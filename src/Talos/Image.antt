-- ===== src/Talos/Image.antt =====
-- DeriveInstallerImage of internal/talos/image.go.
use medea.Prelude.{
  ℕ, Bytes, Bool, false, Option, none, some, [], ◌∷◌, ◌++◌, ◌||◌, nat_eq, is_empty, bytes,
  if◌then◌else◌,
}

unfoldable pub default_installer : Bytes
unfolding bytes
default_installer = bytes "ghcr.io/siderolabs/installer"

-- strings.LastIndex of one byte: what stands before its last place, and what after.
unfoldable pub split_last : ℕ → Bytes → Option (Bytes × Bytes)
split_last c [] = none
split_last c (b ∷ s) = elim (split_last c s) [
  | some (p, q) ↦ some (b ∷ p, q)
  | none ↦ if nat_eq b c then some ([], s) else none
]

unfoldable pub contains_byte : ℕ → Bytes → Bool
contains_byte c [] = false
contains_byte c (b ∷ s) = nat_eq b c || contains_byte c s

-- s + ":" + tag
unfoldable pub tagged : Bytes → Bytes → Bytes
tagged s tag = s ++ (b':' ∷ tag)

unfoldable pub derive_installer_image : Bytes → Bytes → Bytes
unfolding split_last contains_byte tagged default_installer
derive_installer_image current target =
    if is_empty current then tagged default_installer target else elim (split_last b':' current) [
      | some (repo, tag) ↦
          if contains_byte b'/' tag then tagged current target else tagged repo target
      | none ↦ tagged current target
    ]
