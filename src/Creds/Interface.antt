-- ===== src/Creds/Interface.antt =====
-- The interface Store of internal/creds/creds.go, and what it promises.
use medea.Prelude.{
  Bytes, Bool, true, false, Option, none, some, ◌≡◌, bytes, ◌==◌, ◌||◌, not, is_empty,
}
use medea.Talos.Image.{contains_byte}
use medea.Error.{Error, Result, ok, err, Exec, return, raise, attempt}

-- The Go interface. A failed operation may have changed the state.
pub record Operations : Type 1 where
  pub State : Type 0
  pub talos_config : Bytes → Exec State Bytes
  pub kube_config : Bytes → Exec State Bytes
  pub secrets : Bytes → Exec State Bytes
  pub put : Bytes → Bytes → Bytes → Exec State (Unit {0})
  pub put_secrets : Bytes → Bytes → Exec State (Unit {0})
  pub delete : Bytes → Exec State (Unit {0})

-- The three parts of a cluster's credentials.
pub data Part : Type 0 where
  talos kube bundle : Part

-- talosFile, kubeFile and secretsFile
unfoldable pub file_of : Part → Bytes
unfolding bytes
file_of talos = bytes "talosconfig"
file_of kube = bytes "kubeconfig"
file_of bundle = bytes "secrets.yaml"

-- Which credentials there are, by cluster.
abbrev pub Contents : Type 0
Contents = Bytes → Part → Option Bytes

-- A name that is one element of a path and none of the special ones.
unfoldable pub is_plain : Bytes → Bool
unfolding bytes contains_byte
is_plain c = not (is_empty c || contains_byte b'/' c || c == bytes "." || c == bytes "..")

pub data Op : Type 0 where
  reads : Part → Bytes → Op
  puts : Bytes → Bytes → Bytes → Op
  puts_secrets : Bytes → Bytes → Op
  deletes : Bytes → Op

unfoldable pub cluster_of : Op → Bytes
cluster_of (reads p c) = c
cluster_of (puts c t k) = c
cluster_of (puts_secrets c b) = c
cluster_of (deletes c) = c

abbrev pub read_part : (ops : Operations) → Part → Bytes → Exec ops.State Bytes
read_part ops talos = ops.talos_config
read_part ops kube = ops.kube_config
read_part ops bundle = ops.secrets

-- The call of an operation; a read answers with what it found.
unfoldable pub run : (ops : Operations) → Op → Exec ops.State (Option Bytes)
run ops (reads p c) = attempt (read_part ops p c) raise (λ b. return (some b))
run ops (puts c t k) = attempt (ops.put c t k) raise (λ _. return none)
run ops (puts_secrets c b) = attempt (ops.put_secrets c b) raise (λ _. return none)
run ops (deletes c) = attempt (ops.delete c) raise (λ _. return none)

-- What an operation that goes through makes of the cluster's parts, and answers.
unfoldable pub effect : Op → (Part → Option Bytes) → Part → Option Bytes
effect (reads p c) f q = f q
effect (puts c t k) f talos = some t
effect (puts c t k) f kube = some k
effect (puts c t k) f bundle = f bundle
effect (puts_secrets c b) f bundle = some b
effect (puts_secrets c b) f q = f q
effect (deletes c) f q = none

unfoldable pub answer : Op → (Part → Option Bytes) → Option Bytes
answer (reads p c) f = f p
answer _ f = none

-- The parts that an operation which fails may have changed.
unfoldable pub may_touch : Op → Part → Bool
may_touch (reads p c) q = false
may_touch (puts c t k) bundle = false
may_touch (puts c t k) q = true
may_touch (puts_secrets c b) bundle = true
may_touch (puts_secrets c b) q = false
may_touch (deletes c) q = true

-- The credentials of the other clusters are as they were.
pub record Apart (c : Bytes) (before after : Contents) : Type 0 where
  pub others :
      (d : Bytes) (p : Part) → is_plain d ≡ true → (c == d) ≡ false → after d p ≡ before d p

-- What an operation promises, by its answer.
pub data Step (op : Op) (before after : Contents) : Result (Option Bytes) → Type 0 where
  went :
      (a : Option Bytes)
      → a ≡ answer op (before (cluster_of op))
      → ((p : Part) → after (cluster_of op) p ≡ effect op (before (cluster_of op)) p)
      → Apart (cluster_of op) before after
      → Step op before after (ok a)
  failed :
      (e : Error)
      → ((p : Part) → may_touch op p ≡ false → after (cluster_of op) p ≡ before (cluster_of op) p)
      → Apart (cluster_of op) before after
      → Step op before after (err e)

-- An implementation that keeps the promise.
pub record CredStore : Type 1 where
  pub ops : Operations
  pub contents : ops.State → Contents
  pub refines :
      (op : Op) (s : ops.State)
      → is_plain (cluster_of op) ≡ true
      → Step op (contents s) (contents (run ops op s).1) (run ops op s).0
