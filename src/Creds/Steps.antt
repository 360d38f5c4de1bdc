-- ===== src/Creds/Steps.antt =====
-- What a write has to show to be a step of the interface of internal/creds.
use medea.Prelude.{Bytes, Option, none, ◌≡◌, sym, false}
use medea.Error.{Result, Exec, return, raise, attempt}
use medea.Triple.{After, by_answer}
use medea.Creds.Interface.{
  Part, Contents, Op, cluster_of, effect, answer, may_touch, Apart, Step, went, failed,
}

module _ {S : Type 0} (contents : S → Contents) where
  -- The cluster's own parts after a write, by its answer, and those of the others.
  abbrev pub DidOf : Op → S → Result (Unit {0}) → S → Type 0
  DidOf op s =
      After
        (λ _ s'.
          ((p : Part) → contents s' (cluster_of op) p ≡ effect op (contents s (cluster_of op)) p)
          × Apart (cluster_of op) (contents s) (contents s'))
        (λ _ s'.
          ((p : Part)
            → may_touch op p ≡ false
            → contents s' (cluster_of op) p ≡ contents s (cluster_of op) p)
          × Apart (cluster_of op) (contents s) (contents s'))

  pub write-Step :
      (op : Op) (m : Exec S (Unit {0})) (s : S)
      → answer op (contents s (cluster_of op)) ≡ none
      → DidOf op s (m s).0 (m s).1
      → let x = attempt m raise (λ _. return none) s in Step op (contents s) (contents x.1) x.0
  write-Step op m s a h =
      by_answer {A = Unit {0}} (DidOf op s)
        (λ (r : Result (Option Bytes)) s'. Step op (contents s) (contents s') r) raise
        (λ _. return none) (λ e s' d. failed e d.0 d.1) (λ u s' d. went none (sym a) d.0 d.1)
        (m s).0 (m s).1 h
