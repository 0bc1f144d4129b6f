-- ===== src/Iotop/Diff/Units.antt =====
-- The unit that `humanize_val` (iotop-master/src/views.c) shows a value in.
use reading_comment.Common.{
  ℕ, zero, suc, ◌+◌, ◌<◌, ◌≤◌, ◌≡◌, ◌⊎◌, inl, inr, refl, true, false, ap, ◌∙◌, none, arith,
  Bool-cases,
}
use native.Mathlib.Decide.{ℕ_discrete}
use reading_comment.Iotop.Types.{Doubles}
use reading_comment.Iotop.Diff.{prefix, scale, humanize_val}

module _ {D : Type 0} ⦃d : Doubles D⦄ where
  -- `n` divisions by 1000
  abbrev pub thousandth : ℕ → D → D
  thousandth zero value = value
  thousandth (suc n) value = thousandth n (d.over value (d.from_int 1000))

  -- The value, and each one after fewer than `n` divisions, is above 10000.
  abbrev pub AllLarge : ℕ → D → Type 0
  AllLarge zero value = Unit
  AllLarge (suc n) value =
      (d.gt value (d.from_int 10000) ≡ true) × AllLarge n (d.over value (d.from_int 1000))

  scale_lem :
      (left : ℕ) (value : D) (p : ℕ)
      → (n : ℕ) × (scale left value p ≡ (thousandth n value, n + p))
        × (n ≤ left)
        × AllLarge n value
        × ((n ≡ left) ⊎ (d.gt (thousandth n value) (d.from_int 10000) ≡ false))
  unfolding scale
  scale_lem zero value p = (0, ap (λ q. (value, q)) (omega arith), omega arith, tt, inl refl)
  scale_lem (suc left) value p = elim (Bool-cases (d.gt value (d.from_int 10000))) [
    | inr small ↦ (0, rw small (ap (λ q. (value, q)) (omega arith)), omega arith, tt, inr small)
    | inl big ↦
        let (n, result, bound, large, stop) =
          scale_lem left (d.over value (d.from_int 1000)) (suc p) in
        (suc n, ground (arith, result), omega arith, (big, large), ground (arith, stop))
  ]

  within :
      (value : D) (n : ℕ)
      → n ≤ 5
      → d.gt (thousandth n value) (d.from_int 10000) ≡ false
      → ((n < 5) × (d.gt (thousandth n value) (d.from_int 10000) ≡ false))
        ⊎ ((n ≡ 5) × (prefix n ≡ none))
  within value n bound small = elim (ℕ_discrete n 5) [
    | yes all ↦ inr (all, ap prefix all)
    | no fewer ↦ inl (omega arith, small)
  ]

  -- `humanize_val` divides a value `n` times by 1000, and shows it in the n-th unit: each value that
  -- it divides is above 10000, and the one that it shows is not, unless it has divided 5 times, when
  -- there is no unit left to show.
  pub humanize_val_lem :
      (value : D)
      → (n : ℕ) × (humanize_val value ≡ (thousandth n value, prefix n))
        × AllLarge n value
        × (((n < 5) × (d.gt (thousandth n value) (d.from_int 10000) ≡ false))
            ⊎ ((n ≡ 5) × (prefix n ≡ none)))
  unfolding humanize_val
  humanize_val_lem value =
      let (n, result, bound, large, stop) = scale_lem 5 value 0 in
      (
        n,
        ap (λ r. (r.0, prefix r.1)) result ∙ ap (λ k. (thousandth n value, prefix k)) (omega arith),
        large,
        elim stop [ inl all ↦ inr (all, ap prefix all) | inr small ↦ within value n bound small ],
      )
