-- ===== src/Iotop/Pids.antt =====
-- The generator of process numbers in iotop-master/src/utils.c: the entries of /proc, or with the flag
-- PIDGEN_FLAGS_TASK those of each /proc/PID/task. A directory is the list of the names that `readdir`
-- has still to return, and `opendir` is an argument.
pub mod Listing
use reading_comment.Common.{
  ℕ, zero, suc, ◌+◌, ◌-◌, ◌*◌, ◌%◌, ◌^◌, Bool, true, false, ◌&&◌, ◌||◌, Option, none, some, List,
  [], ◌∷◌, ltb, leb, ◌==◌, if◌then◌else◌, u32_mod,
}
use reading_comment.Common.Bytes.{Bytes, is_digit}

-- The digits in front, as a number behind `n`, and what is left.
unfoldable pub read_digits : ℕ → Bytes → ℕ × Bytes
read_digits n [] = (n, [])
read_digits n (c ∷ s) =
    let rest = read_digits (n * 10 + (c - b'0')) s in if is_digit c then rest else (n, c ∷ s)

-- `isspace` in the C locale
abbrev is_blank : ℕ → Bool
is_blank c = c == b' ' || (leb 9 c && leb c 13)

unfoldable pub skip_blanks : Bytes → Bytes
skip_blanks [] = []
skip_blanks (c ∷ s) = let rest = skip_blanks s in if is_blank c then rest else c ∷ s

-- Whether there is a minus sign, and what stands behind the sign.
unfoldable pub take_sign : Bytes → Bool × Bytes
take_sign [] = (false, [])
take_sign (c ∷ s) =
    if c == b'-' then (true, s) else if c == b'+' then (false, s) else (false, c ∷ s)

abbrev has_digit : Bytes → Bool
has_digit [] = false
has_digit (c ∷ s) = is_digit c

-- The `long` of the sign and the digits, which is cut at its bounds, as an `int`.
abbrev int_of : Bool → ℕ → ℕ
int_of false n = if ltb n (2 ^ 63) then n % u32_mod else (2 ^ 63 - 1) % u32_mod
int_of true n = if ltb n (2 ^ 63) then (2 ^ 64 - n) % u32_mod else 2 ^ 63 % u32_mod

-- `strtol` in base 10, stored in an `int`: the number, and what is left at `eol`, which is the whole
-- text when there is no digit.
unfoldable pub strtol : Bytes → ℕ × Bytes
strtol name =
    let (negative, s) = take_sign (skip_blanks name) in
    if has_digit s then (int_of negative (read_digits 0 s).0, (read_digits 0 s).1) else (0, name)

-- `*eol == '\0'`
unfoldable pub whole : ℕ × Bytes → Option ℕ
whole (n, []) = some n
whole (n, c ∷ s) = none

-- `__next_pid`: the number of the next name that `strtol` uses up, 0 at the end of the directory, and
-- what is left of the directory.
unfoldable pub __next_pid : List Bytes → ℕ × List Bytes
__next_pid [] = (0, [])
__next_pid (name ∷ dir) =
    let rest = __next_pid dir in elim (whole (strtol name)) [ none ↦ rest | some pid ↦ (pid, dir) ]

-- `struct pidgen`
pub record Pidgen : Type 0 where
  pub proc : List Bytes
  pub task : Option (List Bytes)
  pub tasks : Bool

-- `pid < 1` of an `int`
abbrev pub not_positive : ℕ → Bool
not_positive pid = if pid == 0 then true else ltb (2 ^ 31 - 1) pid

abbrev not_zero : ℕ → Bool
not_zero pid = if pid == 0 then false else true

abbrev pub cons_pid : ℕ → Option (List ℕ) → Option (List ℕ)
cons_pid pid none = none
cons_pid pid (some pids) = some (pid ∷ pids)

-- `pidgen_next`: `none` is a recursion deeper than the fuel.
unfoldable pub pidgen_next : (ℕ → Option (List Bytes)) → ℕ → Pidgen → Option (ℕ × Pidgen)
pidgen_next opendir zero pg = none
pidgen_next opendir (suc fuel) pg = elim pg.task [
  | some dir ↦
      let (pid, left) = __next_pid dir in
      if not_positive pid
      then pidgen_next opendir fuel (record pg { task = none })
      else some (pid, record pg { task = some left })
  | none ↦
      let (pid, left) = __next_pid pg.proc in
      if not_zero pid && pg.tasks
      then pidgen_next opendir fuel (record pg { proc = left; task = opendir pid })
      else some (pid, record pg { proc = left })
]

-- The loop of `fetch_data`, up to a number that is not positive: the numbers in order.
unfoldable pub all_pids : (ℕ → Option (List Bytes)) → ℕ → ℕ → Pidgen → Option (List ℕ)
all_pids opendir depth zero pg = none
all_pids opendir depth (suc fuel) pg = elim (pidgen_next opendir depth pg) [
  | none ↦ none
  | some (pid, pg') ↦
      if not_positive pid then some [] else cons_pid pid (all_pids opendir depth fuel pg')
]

★ ★ ★ ★ ★

Exercise:
Once the line containing "contains_byte c (b" has been written out, please stop; every line before it, back to the first line of the records above, should be given exactly.

Response for this exercise:
filename src/Talos/Image.antt
-- ===== src/Talos/Image.antt =====
-- DeriveInstallerImage of internal/talos/image.go.
use medea.Prelude.{
  ℕ, Bytes, Bool, false, Option, none, some, [], ◌∷◌, ◌++◌, ◌||◌, nat_eq, is_empty, bytes,
  if◌then◌else◌,
}

unfoldable pub default_installer : Bytes
unfolding bytes
default_installer = bytes "ghcr.io/siderolabs/installer"

-- strings.LastIndex of one byte: what stands before its last place, and what after.
unfoldable pub split_last : ℕ → Bytes → Option (Bytes × Bytes)
split_last c [] = none
split_last c (b ∷ s) = elim (split_last c s) [
  | some (p, q) ↦ some (b ∷ p, q)
  | none ↦ if nat_eq b c then some ([], s) else none
]

unfoldable pub contains_byte : ℕ → Bytes → Bool
contains_byte c [] = false
contains_byte c (b ∷ s) = nat_eq b c || contains_byte c s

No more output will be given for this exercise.